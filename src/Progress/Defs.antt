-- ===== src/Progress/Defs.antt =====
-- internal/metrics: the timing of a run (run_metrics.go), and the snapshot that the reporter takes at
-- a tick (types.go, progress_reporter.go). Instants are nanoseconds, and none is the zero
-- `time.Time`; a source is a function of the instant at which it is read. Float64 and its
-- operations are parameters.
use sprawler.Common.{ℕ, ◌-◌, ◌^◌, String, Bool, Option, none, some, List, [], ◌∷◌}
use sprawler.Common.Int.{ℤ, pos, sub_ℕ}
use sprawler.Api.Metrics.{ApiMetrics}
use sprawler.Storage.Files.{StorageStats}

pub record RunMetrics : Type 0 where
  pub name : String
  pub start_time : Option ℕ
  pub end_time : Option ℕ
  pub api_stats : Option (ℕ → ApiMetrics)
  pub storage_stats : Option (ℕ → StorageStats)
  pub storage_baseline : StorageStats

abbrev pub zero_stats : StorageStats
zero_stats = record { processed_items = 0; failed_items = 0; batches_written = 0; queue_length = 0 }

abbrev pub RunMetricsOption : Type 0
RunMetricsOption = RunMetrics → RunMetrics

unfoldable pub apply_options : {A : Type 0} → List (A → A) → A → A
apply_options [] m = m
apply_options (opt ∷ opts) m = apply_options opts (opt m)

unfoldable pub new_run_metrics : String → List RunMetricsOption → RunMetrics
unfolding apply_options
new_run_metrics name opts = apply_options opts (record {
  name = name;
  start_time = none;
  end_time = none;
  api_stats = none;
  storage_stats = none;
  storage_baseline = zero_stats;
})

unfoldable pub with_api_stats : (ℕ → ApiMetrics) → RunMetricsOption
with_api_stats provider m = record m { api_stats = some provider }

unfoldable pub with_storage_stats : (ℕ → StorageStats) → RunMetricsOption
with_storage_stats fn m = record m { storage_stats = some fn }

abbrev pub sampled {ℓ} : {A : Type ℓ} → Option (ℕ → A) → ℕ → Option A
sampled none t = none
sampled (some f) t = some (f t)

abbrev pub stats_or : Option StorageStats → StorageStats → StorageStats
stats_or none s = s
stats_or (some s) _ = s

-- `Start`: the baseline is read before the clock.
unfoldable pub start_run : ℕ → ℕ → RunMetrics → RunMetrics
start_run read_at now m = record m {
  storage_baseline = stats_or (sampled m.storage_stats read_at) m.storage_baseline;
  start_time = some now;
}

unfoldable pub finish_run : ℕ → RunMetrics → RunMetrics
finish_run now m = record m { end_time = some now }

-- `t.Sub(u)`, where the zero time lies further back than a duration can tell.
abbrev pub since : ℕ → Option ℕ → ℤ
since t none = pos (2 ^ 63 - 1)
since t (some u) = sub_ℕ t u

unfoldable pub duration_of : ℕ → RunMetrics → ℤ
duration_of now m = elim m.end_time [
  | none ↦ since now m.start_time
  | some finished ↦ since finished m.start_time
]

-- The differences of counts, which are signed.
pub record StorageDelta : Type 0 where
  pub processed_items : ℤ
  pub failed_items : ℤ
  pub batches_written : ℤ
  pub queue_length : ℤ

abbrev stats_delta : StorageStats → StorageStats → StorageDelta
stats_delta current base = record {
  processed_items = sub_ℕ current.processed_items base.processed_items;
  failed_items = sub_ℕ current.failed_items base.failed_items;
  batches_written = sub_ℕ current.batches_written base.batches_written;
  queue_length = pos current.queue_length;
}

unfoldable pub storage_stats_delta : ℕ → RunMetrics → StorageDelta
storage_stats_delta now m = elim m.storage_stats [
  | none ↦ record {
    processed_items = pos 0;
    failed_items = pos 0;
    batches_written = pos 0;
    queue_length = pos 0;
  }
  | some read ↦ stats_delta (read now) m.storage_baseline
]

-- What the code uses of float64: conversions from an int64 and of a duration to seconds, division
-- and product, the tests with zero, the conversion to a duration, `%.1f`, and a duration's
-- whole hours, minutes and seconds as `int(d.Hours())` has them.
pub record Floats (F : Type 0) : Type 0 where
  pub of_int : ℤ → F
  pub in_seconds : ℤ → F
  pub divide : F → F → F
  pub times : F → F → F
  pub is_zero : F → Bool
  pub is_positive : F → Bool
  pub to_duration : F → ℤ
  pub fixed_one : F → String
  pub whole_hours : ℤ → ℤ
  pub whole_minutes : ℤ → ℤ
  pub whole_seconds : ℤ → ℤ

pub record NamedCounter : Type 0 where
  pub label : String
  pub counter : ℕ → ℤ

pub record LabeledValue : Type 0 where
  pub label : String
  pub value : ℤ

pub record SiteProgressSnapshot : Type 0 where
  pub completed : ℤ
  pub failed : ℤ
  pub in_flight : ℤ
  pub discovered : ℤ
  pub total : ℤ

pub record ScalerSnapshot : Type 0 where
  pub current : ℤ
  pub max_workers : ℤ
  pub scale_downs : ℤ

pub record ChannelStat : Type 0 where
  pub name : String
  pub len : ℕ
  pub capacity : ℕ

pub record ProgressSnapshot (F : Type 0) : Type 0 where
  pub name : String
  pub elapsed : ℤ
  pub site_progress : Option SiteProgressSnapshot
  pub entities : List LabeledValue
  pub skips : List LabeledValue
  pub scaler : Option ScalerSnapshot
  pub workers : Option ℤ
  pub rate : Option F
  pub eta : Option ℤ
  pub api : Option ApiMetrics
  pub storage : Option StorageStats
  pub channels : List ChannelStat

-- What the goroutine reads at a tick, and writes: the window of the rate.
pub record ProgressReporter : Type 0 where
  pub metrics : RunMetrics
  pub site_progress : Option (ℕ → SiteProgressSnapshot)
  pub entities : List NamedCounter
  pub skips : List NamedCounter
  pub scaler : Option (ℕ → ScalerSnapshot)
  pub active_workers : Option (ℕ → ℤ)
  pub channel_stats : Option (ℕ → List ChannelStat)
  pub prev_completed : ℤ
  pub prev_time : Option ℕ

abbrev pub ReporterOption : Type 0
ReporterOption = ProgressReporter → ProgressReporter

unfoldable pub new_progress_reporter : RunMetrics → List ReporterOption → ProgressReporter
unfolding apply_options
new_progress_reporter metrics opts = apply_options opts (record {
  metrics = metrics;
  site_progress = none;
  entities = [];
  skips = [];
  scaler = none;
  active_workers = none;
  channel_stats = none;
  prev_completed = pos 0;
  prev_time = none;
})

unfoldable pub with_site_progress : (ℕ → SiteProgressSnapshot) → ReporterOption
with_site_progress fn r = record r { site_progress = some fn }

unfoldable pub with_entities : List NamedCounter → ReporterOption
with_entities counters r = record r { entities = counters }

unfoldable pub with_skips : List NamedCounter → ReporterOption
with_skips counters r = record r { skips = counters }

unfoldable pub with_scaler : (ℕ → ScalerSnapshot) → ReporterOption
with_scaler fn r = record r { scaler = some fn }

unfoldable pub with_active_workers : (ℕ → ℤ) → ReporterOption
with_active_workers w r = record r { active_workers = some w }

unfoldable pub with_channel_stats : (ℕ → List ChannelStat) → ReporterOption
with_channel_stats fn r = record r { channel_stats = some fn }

...

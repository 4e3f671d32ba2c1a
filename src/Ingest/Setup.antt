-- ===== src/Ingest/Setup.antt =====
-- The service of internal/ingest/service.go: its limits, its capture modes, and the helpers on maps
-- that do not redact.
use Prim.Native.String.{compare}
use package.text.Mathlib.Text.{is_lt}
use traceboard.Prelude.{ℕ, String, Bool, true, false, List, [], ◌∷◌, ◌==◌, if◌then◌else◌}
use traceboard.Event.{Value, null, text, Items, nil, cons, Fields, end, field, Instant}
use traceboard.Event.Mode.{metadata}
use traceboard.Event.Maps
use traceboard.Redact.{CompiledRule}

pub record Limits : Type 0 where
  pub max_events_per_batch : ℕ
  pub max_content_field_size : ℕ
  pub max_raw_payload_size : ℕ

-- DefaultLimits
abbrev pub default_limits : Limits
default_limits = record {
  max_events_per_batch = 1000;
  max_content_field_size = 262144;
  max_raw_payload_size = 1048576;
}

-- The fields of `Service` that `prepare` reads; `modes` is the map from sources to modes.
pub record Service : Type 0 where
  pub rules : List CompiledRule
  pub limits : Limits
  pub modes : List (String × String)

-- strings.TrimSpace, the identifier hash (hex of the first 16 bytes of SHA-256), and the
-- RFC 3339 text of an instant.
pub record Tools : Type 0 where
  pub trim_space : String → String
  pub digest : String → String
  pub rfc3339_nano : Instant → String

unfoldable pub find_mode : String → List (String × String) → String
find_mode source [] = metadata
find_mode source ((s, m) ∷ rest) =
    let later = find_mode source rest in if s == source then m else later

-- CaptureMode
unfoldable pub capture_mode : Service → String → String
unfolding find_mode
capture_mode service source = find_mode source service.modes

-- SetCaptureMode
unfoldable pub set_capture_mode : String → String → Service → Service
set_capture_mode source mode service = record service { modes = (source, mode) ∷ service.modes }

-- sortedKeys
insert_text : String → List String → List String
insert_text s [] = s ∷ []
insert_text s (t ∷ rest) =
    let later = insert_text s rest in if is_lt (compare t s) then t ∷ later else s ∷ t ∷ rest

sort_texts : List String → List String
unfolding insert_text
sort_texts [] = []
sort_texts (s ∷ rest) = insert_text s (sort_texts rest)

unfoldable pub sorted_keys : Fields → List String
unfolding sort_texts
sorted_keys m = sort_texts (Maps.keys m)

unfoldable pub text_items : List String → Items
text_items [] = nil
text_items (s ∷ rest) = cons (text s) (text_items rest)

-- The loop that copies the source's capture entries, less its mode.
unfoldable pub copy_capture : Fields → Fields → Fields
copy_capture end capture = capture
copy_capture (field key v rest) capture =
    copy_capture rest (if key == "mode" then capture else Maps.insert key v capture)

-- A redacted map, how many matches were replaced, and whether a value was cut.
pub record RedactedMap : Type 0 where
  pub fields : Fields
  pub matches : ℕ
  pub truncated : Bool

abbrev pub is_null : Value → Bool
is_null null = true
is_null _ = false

--

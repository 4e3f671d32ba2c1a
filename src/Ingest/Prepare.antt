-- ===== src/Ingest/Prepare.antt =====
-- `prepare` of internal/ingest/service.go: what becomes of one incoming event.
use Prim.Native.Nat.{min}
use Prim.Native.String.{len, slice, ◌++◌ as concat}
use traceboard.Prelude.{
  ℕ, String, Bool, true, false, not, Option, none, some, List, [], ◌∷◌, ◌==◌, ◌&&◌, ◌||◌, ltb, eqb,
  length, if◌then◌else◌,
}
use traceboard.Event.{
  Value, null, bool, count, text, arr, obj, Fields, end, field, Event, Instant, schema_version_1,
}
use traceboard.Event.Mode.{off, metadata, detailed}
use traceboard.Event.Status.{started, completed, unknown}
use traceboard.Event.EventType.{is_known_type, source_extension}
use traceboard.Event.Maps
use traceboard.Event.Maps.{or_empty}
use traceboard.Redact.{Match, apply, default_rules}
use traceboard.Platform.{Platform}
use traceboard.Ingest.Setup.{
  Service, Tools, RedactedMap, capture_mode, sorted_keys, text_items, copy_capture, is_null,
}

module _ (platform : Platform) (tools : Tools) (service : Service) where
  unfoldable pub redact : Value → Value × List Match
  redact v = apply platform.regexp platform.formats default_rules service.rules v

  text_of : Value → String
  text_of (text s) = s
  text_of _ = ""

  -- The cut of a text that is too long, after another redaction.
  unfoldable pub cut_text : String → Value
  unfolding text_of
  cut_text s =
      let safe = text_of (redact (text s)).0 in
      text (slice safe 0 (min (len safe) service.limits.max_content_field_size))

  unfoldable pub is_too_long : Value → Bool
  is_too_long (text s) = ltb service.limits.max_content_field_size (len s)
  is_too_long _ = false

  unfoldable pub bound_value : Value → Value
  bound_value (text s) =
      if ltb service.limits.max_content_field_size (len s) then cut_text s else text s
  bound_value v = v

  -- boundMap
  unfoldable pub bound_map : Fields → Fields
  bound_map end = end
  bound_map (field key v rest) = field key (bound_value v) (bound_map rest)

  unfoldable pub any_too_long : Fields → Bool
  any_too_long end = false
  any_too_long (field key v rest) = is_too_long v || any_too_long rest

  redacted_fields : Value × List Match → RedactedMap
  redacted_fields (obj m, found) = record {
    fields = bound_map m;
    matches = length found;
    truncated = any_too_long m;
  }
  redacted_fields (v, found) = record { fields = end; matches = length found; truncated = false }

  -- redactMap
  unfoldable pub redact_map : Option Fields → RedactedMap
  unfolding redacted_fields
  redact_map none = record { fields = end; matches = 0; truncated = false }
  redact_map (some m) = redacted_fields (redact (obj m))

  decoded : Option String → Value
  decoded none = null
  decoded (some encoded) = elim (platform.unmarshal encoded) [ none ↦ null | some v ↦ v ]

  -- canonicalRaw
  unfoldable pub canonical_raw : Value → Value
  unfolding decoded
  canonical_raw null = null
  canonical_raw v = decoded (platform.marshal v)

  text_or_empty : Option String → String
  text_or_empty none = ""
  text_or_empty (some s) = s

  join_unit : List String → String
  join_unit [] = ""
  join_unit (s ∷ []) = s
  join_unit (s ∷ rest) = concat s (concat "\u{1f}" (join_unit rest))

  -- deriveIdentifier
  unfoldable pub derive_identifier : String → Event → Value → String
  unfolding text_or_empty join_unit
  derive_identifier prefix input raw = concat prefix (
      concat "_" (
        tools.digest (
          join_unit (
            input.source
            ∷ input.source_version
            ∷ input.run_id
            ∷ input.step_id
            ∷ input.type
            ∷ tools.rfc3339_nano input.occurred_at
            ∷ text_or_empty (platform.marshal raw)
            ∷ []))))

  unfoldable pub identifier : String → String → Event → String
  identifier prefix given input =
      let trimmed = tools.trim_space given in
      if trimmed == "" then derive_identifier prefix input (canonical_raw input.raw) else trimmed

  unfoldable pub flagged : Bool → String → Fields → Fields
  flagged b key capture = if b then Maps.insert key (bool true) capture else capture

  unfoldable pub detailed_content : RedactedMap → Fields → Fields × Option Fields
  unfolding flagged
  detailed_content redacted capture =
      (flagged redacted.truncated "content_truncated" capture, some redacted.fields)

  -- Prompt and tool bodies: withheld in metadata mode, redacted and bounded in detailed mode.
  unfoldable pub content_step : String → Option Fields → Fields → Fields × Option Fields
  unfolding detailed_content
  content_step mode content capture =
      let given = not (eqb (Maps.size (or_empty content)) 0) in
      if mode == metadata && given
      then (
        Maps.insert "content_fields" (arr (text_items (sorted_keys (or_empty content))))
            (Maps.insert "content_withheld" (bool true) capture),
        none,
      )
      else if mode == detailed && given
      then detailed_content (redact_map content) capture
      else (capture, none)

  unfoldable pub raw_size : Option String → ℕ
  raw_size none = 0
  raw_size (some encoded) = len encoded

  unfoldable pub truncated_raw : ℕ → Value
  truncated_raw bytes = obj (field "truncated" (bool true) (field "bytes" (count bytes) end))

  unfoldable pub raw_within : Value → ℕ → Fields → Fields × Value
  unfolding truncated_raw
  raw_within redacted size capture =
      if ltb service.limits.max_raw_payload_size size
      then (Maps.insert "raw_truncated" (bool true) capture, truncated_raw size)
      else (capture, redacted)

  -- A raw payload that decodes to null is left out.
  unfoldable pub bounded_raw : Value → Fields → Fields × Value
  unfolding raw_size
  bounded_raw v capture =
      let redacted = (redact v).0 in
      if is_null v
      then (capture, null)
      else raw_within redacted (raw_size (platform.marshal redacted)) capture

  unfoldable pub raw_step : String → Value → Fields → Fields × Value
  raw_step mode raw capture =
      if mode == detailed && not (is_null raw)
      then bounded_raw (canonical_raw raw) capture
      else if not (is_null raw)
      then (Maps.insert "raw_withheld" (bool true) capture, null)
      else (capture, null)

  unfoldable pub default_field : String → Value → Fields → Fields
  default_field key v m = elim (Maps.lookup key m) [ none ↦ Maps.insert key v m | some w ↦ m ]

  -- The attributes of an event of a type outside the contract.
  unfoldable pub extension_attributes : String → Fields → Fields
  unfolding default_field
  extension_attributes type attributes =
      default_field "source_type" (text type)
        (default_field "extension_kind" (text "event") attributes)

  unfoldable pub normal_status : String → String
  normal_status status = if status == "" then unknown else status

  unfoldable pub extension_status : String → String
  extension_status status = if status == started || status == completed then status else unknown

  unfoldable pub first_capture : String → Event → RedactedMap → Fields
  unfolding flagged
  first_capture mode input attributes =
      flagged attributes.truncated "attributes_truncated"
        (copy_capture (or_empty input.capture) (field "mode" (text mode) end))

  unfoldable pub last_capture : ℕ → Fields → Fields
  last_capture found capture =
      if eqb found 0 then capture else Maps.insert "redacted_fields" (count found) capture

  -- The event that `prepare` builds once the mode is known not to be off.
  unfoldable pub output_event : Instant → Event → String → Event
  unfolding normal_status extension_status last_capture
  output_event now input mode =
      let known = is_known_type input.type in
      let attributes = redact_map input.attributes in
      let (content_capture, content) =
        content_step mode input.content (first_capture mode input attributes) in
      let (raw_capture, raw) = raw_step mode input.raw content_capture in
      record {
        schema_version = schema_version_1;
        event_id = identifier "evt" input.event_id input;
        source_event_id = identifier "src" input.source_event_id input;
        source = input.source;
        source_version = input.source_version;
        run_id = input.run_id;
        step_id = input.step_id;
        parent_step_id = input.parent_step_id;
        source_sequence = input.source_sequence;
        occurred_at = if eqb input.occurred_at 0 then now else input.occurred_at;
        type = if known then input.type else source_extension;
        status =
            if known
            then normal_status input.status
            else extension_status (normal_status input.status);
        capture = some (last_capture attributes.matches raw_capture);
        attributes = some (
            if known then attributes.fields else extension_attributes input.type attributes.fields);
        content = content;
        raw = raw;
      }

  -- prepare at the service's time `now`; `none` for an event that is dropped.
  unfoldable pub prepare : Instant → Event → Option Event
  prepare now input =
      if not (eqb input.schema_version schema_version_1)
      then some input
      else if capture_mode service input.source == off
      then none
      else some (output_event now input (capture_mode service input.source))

Required work —
From the records above, pick out and copy each line holding the word "concat".

Solution to this task —
use Prim.Native.String.{len, slice, ◌++◌ as concat}
  join_unit (s ∷ rest) = concat s (concat "\u{1f}" (join_unit rest))
  derive_identifier prefix input raw = concat prefix (
      concat "_" (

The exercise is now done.